Stored data entries:

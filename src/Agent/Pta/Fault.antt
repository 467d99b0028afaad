-- ===== src/Agent/Pta/Fault.antt =====
-- `recvPta` reads a path that it has freed.
use ns2_te_aomdv.Base.{
  ℕ, ◌≡◌, refl, Bool, true, false, some, List, [], ◌∷◌, find, length, keep, keep-find, find-any,
  Option-cases, ◌<◌, update_first, find-update_first, ◌==◌, arith, if◌then◌else◌, Bool-cases, inl,
  inr, Double, done, crash, dangling_pointer, sym, ◌∙◌, subst, find-passes,
}
use ns2_te_aomdv.Packet.{Packet, Pta}
use ns2_te_aomdv.Entry.{Entry, RoutePath, has_nexthop, path_lookup, path_delete, path_delete_all}
use ns2_te_aomdv.Entry.Counted.{IsCounted}
use ns2_te_aomdv.Table.{rt_lookup, has_dst}
use ns2_te_aomdv.Agent.State.{Agent, Env, ◌>>=◌, ◌>>◌, entry}
use ns2_te_aomdv.Agent.Routes.{rt_down, is_even, max_seqno}
use ns2_te_aomdv.Agent.Pta.{
  read_lasthop, tell_precursors, is_meant, lose_trust, pta_route, recv_pta,
}
use ns2_te_aomdv.Agent.Invariant.Deletion.{delete_path-eq, path_delete-dst, is_nil}

-- Some precursor is not the node itself.
abbrev pub any_other : ℕ → List ℕ → Bool
any_other index [] = false
any_other index (a ∷ pcs) = if index == a then any_other index pcs else true

module _ {D : Type 0} ⦃fl : Double D⦄ (env : Env D) where
  -- The first path over `saddr` is gone.
  abbrev Gone : ℕ → Entry D → Entry D → Type 0
  Gone saddr before e =
      length (keep (has_nexthop saddr) e.paths) < length (keep (has_nexthop saddr) before.paths)

  read_lasthop-stops :
      (saddr : ℕ) (before e : Entry D) (path : RoutePath D) (s : Agent D)
      → path_lookup before saddr ≡ some path
      → Gone saddr before e
      → read_lasthop env saddr before e s ≡ crash dangling_pointer
  unfolding read_lasthop
  read_lasthop-stops saddr before e path s h gone = rw (◌>>=◌, h) (ground arith)

  tell_precursors_lem :
      (index saddr : ℕ) (before e : Entry D) (path : RoutePath D) (pcs : List ℕ) (s : Agent D)
      → path_lookup before saddr ≡ some path
      → Gone saddr before e
      → tell_precursors env index saddr before e pcs s
        ≡ (if any_other index pcs then crash dangling_pointer else done (tt, s))
  unfolding tell_precursors
  tell_precursors_lem index saddr before e path [] s h gone = refl
  tell_precursors_lem index saddr before e path (a ∷ pcs) s h gone =
      elim (Bool-cases (index == a)) [
        | inl own ↦ rw own (tell_precursors_lem index saddr before e path pcs s h gone)
        | inr other ↦ rw other (rw (◌>>=◌, read_lasthop-stops saddr before e path s h gone) refl)
      ]

  found-dst :
      (dst : ℕ) (table : List (Entry D)) (e : Entry D) → rt_lookup table dst ≡ some e → e.dst ≡ dst
  unfolding rt_lookup
  found-dst dst table e h = ground (arith, find-passes (has_dst dst) table e h)

  -- The entry without the path.
  abbrev without : ℕ → Entry D → Entry D
  without saddr e =
      if is_nil (path_delete saddr e)
      then rt_down env (path_delete saddr e)
      else path_delete saddr e

  without-pclist : (saddr : ℕ) (e : Entry D) → (without saddr e).pclist ≡ e.pclist
  unfolding path_delete rt_down path_delete_all
  without-pclist saddr e = ground arith

  without-Gone :
      (saddr : ℕ) (path : RoutePath D) (e : Entry D)
      → path_lookup e saddr ≡ some path
      → Gone saddr e (without saddr e)
  unfolding path_delete rt_down path_delete_all path_lookup
  without-Gone saddr path e h =
      ground
        (arith, keep-find (has_nexthop saddr) e.paths path h, find-any (has_nexthop saddr) e.paths)

  without-dst :
      (saddr dst : ℕ) (e : Entry D)
      → has_dst dst e ≡ true
      → has_dst dst (rt_down env (path_delete saddr e)) ≡ true
  unfolding path_delete rt_down path_delete_all
  without-dst saddr dst e h = ground arith

  without-found :
      (saddr dst : ℕ) (e : Entry D) (table : List (Entry D))
      → find (has_dst dst) table ≡ some e
      → find (has_dst dst) (
          if is_nil (path_delete saddr e)
          then update_first (has_dst dst) (λ x. rt_down env (path_delete saddr x)) table
          else update_first (has_dst dst) (path_delete saddr) table)
        ≡ some (without saddr e)
  without-found saddr dst e table h = elim (Bool-cases (is_nil (path_delete saddr e))) [
    | inl nil ↦ rw nil (
        find-update_first (has_dst dst) (λ x. rt_down env (path_delete saddr x)) table e
          (λ x k. without-dst saddr dst x k) h)
    | inr left ↦
        rw left (
          find-update_first (has_dst dst) (path_delete saddr) table e (path_delete-dst saddr dst) h)
  ]

  -- `recvPta` stops: the route is the one that is meant, with an even sequence number.
  lose_trust-stops :
      (saddr : ℕ) (re : Pta) (path : RoutePath D) (e : Entry D) (s : Agent D)
      → path_lookup e saddr ≡ some path
      → rt_lookup s.rtable e.dst ≡ some e
      → IsCounted e
      → is_even e.seqno ≡ true
      → any_other s.index e.pclist ≡ true
      → lose_trust env saddr re e s ≡ crash dangling_pointer
  unfolding lose_trust rt_lookup
  lose_trust-stops saddr re path e s lies h c even other =
      let heard = max_seqno e.highest_seqno_heard re.unreachable_dst_seqno in
      rw (even, ◌>>◌, ◌>>=◌, delete_path-eq env s.rqueue e.dst saddr s e h c)
        (rw
          (
            ◌>>◌,
            ◌>>=◌,
            entry,
            find-update_first (has_dst e.dst)
                (λ x. record x { highest_seqno_heard = heard; seqno = heard }) _ (without saddr e)
                (λ x k. k) (without-found saddr e.dst e s.rtable h),
          )
          (tell_precursors_lem s.index saddr e
              (record (without saddr e) { highest_seqno_heard = heard; seqno = heard }) path
              (without saddr e).pclist _ lies (without-Gone saddr path e lies)
            ∙ rw (without-pclist saddr e, other) refl))

  meant-path :
      (saddr : ℕ) (re : Pta) (e : Entry D)
      → is_meant env saddr re e ≡ true
      → (path : RoutePath D) × (path_lookup e saddr ≡ some path)
  unfolding is_meant
  meant-path saddr re e meant = elim (Option-cases (path_lookup e saddr)) [
    | inl h ↦ absurd (ground arith)
    | inr found ↦ found
  ]

  -- A report of distrust for an entry that is up, with a path over the sender and the reported last
  -- hop, an even number that is not above the reported one, and a right count of its paths: if some
  -- precursor of the entry is not the node itself, `recvPta` does not return, because it reads the
  -- path that it has freed.
  pub recv_pta-stops :
      (p : Packet D) (re : Pta) (e : Entry D) (s : Agent D)
      → rt_lookup s.rtable re.unreachable_dst ≡ some e
      → IsCounted e
      → is_meant env p.saddr re e ≡ true
      → is_even e.seqno ≡ true
      → any_other s.index e.pclist ≡ true
      → recv_pta env p re s ≡ crash dangling_pointer
  unfolding recv_pta pta_route
  recv_pta-stops p re e s h c meant even other =
      let at : re.unreachable_dst ≡ e.dst = sym (found-dst re.unreachable_dst s.rtable e h) in
      let (path, lies) = meant-path p.saddr re e meant in
      rw (◌>>=◌, ◌>>◌, h)
        (rw
          (
            meant,
            lose_trust-stops p.saddr re path e s lies
                (subst (λ d. rt_lookup s.rtable d ≡ some e) at h) c even other,
          )
          refl)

> _Assignment_: Look above for the line with "saddr e)) ≡ true" and the line with "inl nil ↦ rw"; transcribe both and all lines in between, exactly, and nothing else.

> _Task answer_:
      → has_dst dst (rt_down env (path_delete saddr e)) ≡ true
  unfolding path_delete rt_down path_delete_all
  without-dst saddr dst e h = ground arith

  without-found :
      (saddr dst : ℕ) (e : Entry D) (table : List (Entry D))
      → find (has_dst dst) table ≡ some e
      → find (has_dst dst) (
          if is_nil (path_delete saddr e)
          then update_first (has_dst dst) (λ x. rt_down env (path_delete saddr x)) table
          else update_first (has_dst dst) (path_delete saddr) table)
        ≡ some (without saddr e)
  without-found saddr dst e table h = elim (Bool-cases (is_nil (path_delete saddr e))) [
    | inl nil ↦ rw nil (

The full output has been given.